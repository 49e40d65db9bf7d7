-- ===== src/Lib.antt =====
-- Booth compiles CUDA, HIP and Triton kernels for several targets. The front ends (src/fe,
-- src/triton) lower a syntax tree to one intermediate representation, BIR (src/ir), whose passes
-- rewrite it; a backend (src/amdgpu, src/nvidia, src/tensix, src/cpu, src/metal, src/intel) selects
-- instructions and encodes them. Code for Tensix cores, which have no floating-point unit, is linked
-- with the routines of runtime/device; what moves tiles between them is a graph (src/tdf) that is placed
-- in the memory of a core and emitted as words (src/tensix). This library models the pools of BIR,
-- constant folding, dead code elimination, the insertion of instructions, the verifier, the tile
-- graph, and the way to an image for a Tensix core.
--
-- Base: the helpers that the parts share: Boolean tests, bitwise operations by powers of two,
--   lists read by native indices, integers, and in Codes the result codes of src/barracuda.h.
-- RvEnc: src/tensix/rv_enc.c, the RV32IM encoder. Format has the rv_enc_r, _i, _s, _b, _u and _j
--   helpers, Ops one function for each rv_ function, Instr the instructions as data. Decode is
--   independent of the source: the tables of the ISA, read backwards. A word is a number, an
--   immediate an integer that is taken modulo 2 ^ 32 as the C casts do.
-- SoftFp: runtime/device/soft_fp.c and soft_fp_internal.h, single-precision arithmetic on bit
--   patterns. Format has sfp_unpack and sfp_pack, Round sfp_round_normal, Arith the arithmetic,
--   Compare the comparisons, Convert the conversions; a function __addsf3 is addsf3 here. The other
--   modules hold the proofs; Rounding states what rounding to nearest, ties to even, means of
--   an exact mantissa. The model is of the default build, SFP_STRICT_IEEE = 0.
-- Bir: src/ir/bir.h and src/ir/bir.c. Defs has the structs, a pool with its count being the list of
--   the entries in use; Opcodes the opcodes that the passes name; Types the type pool; Consts
--   constants, strings and operands. A function that
--   writes the module answers its result and the module after. A refused entry sets its bit of
--   pool_full and answers index 0, as in the source.
-- Cfold: src/ir/bir_cfold.c. Width has mask_to_width, sign_extend and the integer comparisons, Ints the
--   integer operations, Floats the floating ones over a record of the operations of double, Phi is cfpe,
--   Consts the part of try_fold that needs constants, Run the rest of try_fold, cf_run_func and
--   bir_cfold. An int64_t is its bit pattern, and a signed overflow of a sum or a product, which C
--   leaves open, wraps around. A division by zero of the compiler is a result of its own. Extend and
--   Values hold the proofs on widths and operations, Faults that on divisors, Arms and Pruned those on
--   phis, Typed that on types.
-- Insert: src/ir/bir_insert.c in Run. What remap_inst does to the slots of an instruction and to the
--   pool are two functions; a list with entries put in stands for the arena after memmove. Slots, Reads
--   and Places hold the proofs.
-- Verify: bir_vchk of src/ir/bir.c. Defs has what it reads, Run the checks with the flags of vfs_t and
--   the stamps vps and vstm passed on; vpc, vflo and vfhi are functions of the place. Hull, Apart,
--   Passes and Fine state each check by itself, Once and Checked prove that the flags and stamps do
--   not matter, Phis what holds of the phis of an accepted module. What is printed with a refusal is
--   left out.
-- Dce: src/ir/bir_dce.c. Defs says which operands are values, Pass is dce_pass, Blocks the successors
--   and rmark, Unreached phix and rchk, Compact compact, Run opt_run_func and bir_dce. The static state
--   G is passed on: the bits of dead are a function of the index, and rch of the block's place; the
--   scratch arrays use_count and inst_renum are values. Counts, Safe and Sound hold the proofs on the
--   pass, Reach, Marking and Marked those on the marks, Moves, Walks and Compacted those on compact.
--   An entry of an arena beyond its count is zeros.
-- Tensix: src/tensix/rv_buf.c in Buf and src/tensix/noc.c in Noc, function by function. Machine is
--   independent of the source: the RV32I instructions that are emitted, with loads from an
--   environment that may answer differently at each step, and a trace of stores. The words emitted are
--   decoded by RvEnc.Decode and run; Straight, Load, Program and Transfers are the lemmas on words
--   without branches, Wait on the loop, Requests and Acquire state what the functions do. Elf is
--   src/tensix/rv_elf.c on a list of bytes, with the file system as a parameter; Layout has its
--   proofs. Coarsen is src/tensix/coarsen.c, and Syncs and Patterns what it finds out.
-- Tdf: the tile dataflow graph. Defs is src/tdf/tdf.h, Build the builders of tdf.c, Place tdf_place.c,
--   Orchestrate and Arcs tdf_noc.c (Arcs emits with the functions of Tensix.Noc), Lower tdf_lower.c.
--   Chips is the choice of the part and the names. The
--   chip is an argument elsewhere; the body of a region is of any type. Fission is
--   tdf_fission.c, whose regions have a BIR module as their body. Packing, Routes, Graph, Solo, Pipeline,
--   Split, Routed and Divided hold the specifications and the proofs; Reading, Found, Described and
--   Classified state what the table of a kernel's parameters says, and Traced, Tables and Scans
--   prove that the loops find it.
--
-- Loops. The normalising loop of sfp_round_normal keeps the guard of 64 that the source gives it. The
-- draining loop has no guard there; it runs here on 64 rounds, and a uint64_t is 0 after 64 halvings.
-- The search for the top bit in sfp_uint_to_float descends from 31. The scans of the pools are
-- recursion on the list, and so are the loops over channels and arcs. The loop of dce_pass runs at most
-- 99 rounds, as its guard has it, and the loop of rmark one more than there are blocks. A type `double`
-- is a parameter of the BIR module, compared by a parameter.
--
-- Not modelled: the inexact and underflow paths of SFP_STRICT_IEEE; of bir.c the sizes and layouts of
-- types, inline assembly, symbol lookup and diagnostics; the other passes of src/ir; the front ends;
-- the other backends and the rest of src/tensix; of src/tdf the dump; the driver, the host runtime
-- and the OCaml kernel language. Those are files, text emission, or later parts of this library.
mod Base
pub mod RvEnc
pub mod SoftFp
pub mod Bir
pub mod Cfold
pub mod Dce
pub mod Insert
pub mod Verify
pub mod Tensix
pub mod Tdf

#### [WHAT TO WORK ON]
Every entry shown earlier is to be returned exactly, line for line.

#### [TASK ANSWER]
repository 49e40d65db9bf7d7
-- ===== src/Lib.antt =====
-- Booth compiles CUDA, HIP and Triton kernels for several targets. The front ends (src/fe,
-- src/triton) lower a syntax tree to one intermediate representation, BIR (src/ir), whose passes
-- rewrite it; a backend (src/amdgpu, src/nvidia, src/tensix, src/cpu, src/metal, src/intel) selects
-- instructions and encodes them. Code for Tensix cores, which have no floating-point unit, is linked
-- with the routines of runtime/device; what moves tiles between them is a graph (src/tdf) that is placed
-- in the memory of a core and emitted as words (src/tensix). This library models the pools of BIR,
-- constant folding, dead code elimination, the insertion of instructions, the verifier, the tile
-- graph, and the way to an image for a Tensix core.
--
-- Base: the helpers that the parts share: Boolean tests, bitwise operations by powers of two,
--   lists read by native indices, integers, and in Codes the result codes of src/barracuda.h.
-- RvEnc: src/tensix/rv_enc.c, the RV32IM encoder. Format has the rv_enc_r, _i, _s, _b, _u and _j
--   helpers, Ops one function for each rv_ function, Instr the instructions as data. Decode is
--   independent of the source: the tables of the ISA, read backwards. A word is a number, an
--   immediate an integer that is taken modulo 2 ^ 32 as the C casts do.
-- SoftFp: runtime/device/soft_fp.c and soft_fp_internal.h, single-precision arithmetic on bit
--   patterns. Format has sfp_unpack and sfp_pack, Round sfp_round_normal, Arith the arithmetic,
--   Compare the comparisons, Convert the conversions; a function __addsf3 is addsf3 here. The other
--   modules hold the proofs; Rounding states what rounding to nearest, ties to even, means of
--   an exact mantissa. The model is of the default build, SFP_STRICT_IEEE = 0.
-- Bir: src/ir/bir.h and src/ir/bir.c. Defs has the structs, a pool with its count being the list of
--   the entries in use; Opcodes the opcodes that the passes name; Types the type pool; Consts
--   constants, strings and operands. A function that
--   writes the module answers its result and the module after. A refused entry sets its bit of
--   pool_full and answers index 0, as in the source.
-- Cfold: src/ir/bir_cfold.c. Width has mask_to_width, sign_extend and the integer comparisons, Ints the
--   integer operations, Floats the floating ones over a record of the operations of double, Phi is cfpe,
--   Consts the part of try_fold that needs constants, Run the rest of try_fold, cf_run_func and
--   bir_cfold. An int64_t is its bit pattern, and a signed overflow of a sum or a product, which C
--   leaves open, wraps around. A division by zero of the compiler is a result of its own. Extend and
--   Values hold the proofs on widths and operations, Faults that on divisors, Arms and Pruned those on
--   phis, Typed that on types.
-- Insert: src/ir/bir_insert.c in Run. What remap_inst does to the slots of an instruction and to the
--   pool are two functions; a list with entries put in stands for the arena after memmove. Slots, Reads
--   and Places hold the proofs.
-- Verify: bir_vchk of src/ir/bir.c. Defs has what it reads, Run the checks with the flags of vfs_t and
--   the stamps vps and vstm passed on; vpc, vflo and vfhi are functions of the place. Hull, Apart,
--   Passes and Fine state each check by itself, Once and Checked prove that the flags and stamps do
--   not matter, Phis what holds of the phis of an accepted module. What is printed with a refusal is
--   left out.
-- Dce: src/ir/bir_dce.c. Defs says which operands are values, Pass is dce_pass, Blocks the successors
--   and rmark, Unreached phix and rchk, Compact compact, Run opt_run_func and bir_dce. The static state
--   G is passed on: the bits of dead are a function of the index, and rch of the block's place; the
--   scratch arrays use_count and inst_renum are values. Counts, Safe and Sound hold the proofs on the
--   pass, Reach, Marking and Marked those on the marks, Moves, Walks and Compacted those on compact.
--   An entry of an arena beyond its count is zeros.
-- Tensix: src/tensix/rv_buf.c in Buf and src/tensix/noc.c in Noc, function by function. Machine is
--   independent of the source: the RV32I instructions that are emitted, with loads from an
--   environment that may answer differently at each step, and a trace of stores. The words emitted are
--   decoded by RvEnc.Decode and run; Straight, Load, Program and Transfers are the lemmas on words
--   without branches, Wait on the loop, Requests and Acquire state what the functions do. Elf is
--   src/tensix/rv_elf.c on a list of bytes, with the file system as a parameter; Layout has its
--   proofs. Coarsen is src/tensix/coarsen.c, and Syncs and Patterns what it finds out.
-- Tdf: the tile dataflow graph. Defs is src/tdf/tdf.h, Build the builders of tdf.c, Place tdf_place.c,
--   Orchestrate and Arcs tdf_noc.c (Arcs emits with the functions of Tensix.Noc), Lower tdf_lower.c.
--   Chips is the choice of the part and the names. The
--   chip is an argument elsewhere; the body of a region is of any type. Fission is
--   tdf_fission.c, whose regions have a BIR module as their body. Packing, Routes, Graph, Solo, Pipeline,
--   Split, Routed and Divided hold the specifications and the proofs; Reading, Found, Described and
--   Classified state what the table of a kernel's parameters says, and Traced, Tables and Scans
--   prove that the loops find it.
--
-- Loops. The normalising loop of sfp_round_normal keeps the guard of 64 that the source gives it. The
-- draining loop has no guard there; it runs here on 64 rounds, and a uint64_t is 0 after 64 halvings.
-- The search for the top bit in sfp_uint_to_float descends from 31. The scans of the pools are
-- recursion on the list, and so are the loops over channels and arcs. The loop of dce_pass runs at most
-- 99 rounds, as its guard has it, and the loop of rmark one more than there are blocks. A type `double`
-- is a parameter of the BIR module, compared by a parameter.
--
-- Not modelled: the inexact and underflow paths of SFP_STRICT_IEEE; of bir.c the sizes and layouts of
-- types, inline assembly, symbol lookup and diagnostics; the other passes of src/ir; the front ends;
-- the other backends and the rest of src/tensix; of src/tdf the dump; the driver, the host runtime
-- and the OCaml kernel language. Those are files, text emission, or later parts of this library.
mod Base
pub mod RvEnc
pub mod SoftFp
pub mod Bir
pub mod Cfold
pub mod Dce
pub mod Insert
pub mod Verify
pub mod Tensix
pub mod Tdf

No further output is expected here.